To do: Copy all lines below containing "TableSpecSchemaMysqlColumnsConstraints".

Collected data entries:
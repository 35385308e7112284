-- ===== src/Imports/Registered/Schemas.antt =====
-- The init function of cdk8s/imports/schemasschemaheroio/schemasschemaheroio.go.
use learning_crossplane_e2e.Prelude.{List, [], ◌∷◌}
use learning_crossplane_e2e.Imports.Registry.{
  Registration, api_object_members, register_class, register_struct,
}

abbrev pub schemahero_schemas_init_1 : List Registration
schemahero_schemas_init_1 =
    register_class "schemasschemaheroio.Table" "Table" api_object_members "jsiiProxy_Table"
    ∷ register_struct "schemasschemaheroio.TableProps" "TableProps"
    ∷ register_struct "schemasschemaheroio.TableSpec" "TableSpec"
    ∷ register_struct "schemasschemaheroio.TableSpecSchema" "TableSpecSchema"
    ∷ register_struct "schemasschemaheroio.TableSpecSchemaCassandra" "TableSpecSchemaCassandra"
    ∷ register_struct "schemasschemaheroio.TableSpecSchemaCassandraClusteringOrder"
        "TableSpecSchemaCassandraClusteringOrder"
    ∷ register_struct "schemasschemaheroio.TableSpecSchemaCassandraColumns"
        "TableSpecSchemaCassandraColumns"
    ∷ register_struct "schemasschemaheroio.TableSpecSchemaCassandraProperties"
        "TableSpecSchemaCassandraProperties"
    ∷ register_struct "schemasschemaheroio.TableSpecSchemaCockroachdb" "TableSpecSchemaCockroachdb"
    ∷ register_struct "schemasschemaheroio.TableSpecSchemaCockroachdbColumns"
        "TableSpecSchemaCockroachdbColumns"
    ∷ register_struct "schemasschemaheroio.TableSpecSchemaCockroachdbColumnsAttributes"
        "TableSpecSchemaCockroachdbColumnsAttributes"
    ∷ register_struct "schemasschemaheroio.TableSpecSchemaCockroachdbColumnsConstraints"
        "TableSpecSchemaCockroachdbColumnsConstraints"
    ∷ register_struct "schemasschemaheroio.TableSpecSchemaCockroachdbForeignKeys"
        "TableSpecSchemaCockroachdbForeignKeys"
    ∷ register_struct "schemasschemaheroio.TableSpecSchemaCockroachdbForeignKeysReferences"
        "TableSpecSchemaCockroachdbForeignKeysReferences"
    ∷ register_struct "schemasschemaheroio.TableSpecSchemaCockroachdbIndexes"
        "TableSpecSchemaCockroachdbIndexes"
    ∷ register_struct "schemasschemaheroio.TableSpecSchemaMysql" "TableSpecSchemaMysql"
    ∷ register_struct "schemasschemaheroio.TableSpecSchemaMysqlColumns"
        "TableSpecSchemaMysqlColumns"
    ∷ register_struct "schemasschemaheroio.TableSpecSchemaMysqlColumnsAttributes"
        "TableSpecSchemaMysqlColumnsAttributes"
    ∷ register_struct "schemasschemaheroio.TableSpecSchemaMysqlColumnsConstraints"
        "TableSpecSchemaMysqlColumnsConstraints"
    ∷ register_struct "schemasschemaheroio.TableSpecSchemaMysqlForeignKeys"
        "TableSpecSchemaMysqlForeignKeys"
    ∷ register_struct "schemasschemaheroio.TableSpecSchemaMysqlForeignKeysReferences"
        "TableSpecSchemaMysqlForeignKeysReferences"
    ∷ register_struct "schemasschemaheroio.TableSpecSchemaMysqlIndexes"
        "TableSpecSchemaMysqlIndexes"
    ∷ register_struct "schemasschemaheroio.TableSpecSchemaPostgres" "TableSpecSchemaPostgres"
    ∷ register_struct "schemasschemaheroio.TableSpecSchemaPostgresColumns"
        "TableSpecSchemaPostgresColumns"
    ∷ register_struct "schemasschemaheroio.TableSpecSchemaPostgresColumnsAttributes"
        "TableSpecSchemaPostgresColumnsAttributes"
    ∷ register_struct "schemasschemaheroio.TableSpecSchemaPostgresColumnsConstraints"
        "TableSpecSchemaPostgresColumnsConstraints"
    ∷ register_struct "schemasschemaheroio.TableSpecSchemaPostgresForeignKeys"
        "TableSpecSchemaPostgresForeignKeys"
    ∷ register_struct "schemasschemaheroio.TableSpecSchemaPostgresForeignKeysReferences"
        "TableSpecSchemaPostgresForeignKeysReferences"
    ∷ register_struct "schemasschemaheroio.TableSpecSchemaPostgresIndexes"
        "TableSpecSchemaPostgresIndexes"
    ∷ register_struct "schemasschemaheroio.TableSpecSchemaSqlite" "TableSpecSchemaSqlite"
    ∷ register_struct "schemasschemaheroio.TableSpecSchemaSqliteColumns"
        "TableSpecSchemaSqliteColumns"
    ∷ register_struct "schemasschemaheroio.TableSpecSchemaSqliteColumnsAttributes"
        "TableSpecSchemaSqliteColumnsAttributes"
    ∷ register_struct "schemasschemaheroio.TableSpecSchemaSqliteColumnsConstraints"
        "TableSpecSchemaSqliteColumnsConstraints"
    ∷ []

abbrev pub schemahero_schemas_init_2 : List Registration
schemahero_schemas_init_2 =
    register_struct "schemasschemaheroio.TableSpecSchemaSqliteForeignKeys"
      "TableSpecSchemaSqliteForeignKeys"
    ∷ register_struct "schemasschemaheroio.TableSpecSchemaSqliteForeignKeysReferences"
        "TableSpecSchemaSqliteForeignKeysReferences"
    ∷ register_struct "schemasschemaheroio.TableSpecSchemaSqliteIndexes"
        "TableSpecSchemaSqliteIndexes"
    ∷ register_struct "schemasschemaheroio.TableSpecSeedData" "TableSpecSeedData"
    ∷ register_struct "schemasschemaheroio.TableSpecSeedDataRows" "TableSpecSeedDataRows"
    ∷ register_struct "schemasschemaheroio.TableSpecSeedDataRowsColumns"
        "TableSpecSeedDataRowsColumns"
    ∷ register_struct "schemasschemaheroio.TableSpecSeedDataRowsColumnsValue"
        "TableSpecSeedDataRowsColumnsValue"
    ∷ []
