-- ===== src/Imports/Registered.antt =====
-- What the init functions of cdk8s/imports register, each in parts and then as a whole.
pub mod K8sA
pub mod K8sB
pub mod K8sC
pub mod K8sD
pub mod K8sE
pub mod DatabasesA
pub mod DatabasesB
pub mod DatabasesC
pub mod DatabasesD
pub mod Infrastructure
pub mod Schemas
pub use K8sA.*
pub use K8sB.*
pub use K8sC.*
pub use K8sD.*
pub use K8sE.*
pub use DatabasesA.*
pub use DatabasesB.*
pub use DatabasesC.*
pub use DatabasesD.*
pub use Infrastructure.*
pub use Schemas.*
use learning_crossplane_e2e.Prelude.{List, ◌++◌}
use learning_crossplane_e2e.Imports.Registry.{Registration}

abbrev pub k8s_init : List Registration
k8s_init =
    k8s_init_1 ++ k8s_init_2 ++ k8s_init_3 ++ k8s_init_4 ++ k8s_init_5 ++ k8s_init_6 ++ k8s_init_7
    ++ k8s_init_8 ++ k8s_init_9 ++ k8s_init_10 ++ k8s_init_11 ++ k8s_init_12 ++ k8s_init_13
    ++ k8s_init_14 ++ k8s_init_15 ++ k8s_init_16 ++ k8s_init_17 ++ k8s_init_18 ++ k8s_init_19
    ++ k8s_init_20 ++ k8s_init_21 ++ k8s_init_22 ++ k8s_init_23 ++ k8s_init_24 ++ k8s_init_25
    ++ k8s_init_26 ++ k8s_init_27 ++ k8s_init_28 ++ k8s_init_29 ++ k8s_init_30 ++ k8s_init_31

abbrev pub cert_manager_init : List Registration
cert_manager_init = cert_manager_init_1

abbrev pub series_init : List Registration
series_init = series_init_1

abbrev pub external_secrets_init : List Registration
external_secrets_init = external_secrets_init_1 ++ external_secrets_init_2

abbrev pub schemahero_databases_init : List Registration
schemahero_databases_init =
    schemahero_databases_init_1 ++ schemahero_databases_init_2 ++ schemahero_databases_init_3
    ++ schemahero_databases_init_4 ++ schemahero_databases_init_5 ++ schemahero_databases_init_6
    ++ schemahero_databases_init_7 ++ schemahero_databases_init_8

abbrev pub schemahero_schemas_init : List Registration
schemahero_schemas_init = schemahero_schemas_init_1 ++ schemahero_schemas_init_2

Written answer:
    ∷ register_struct "schemasschemaheroio.TableSpecSchemaMysqlColumnsConstraints"
        "TableSpecSchemaMysqlColumnsConstraints"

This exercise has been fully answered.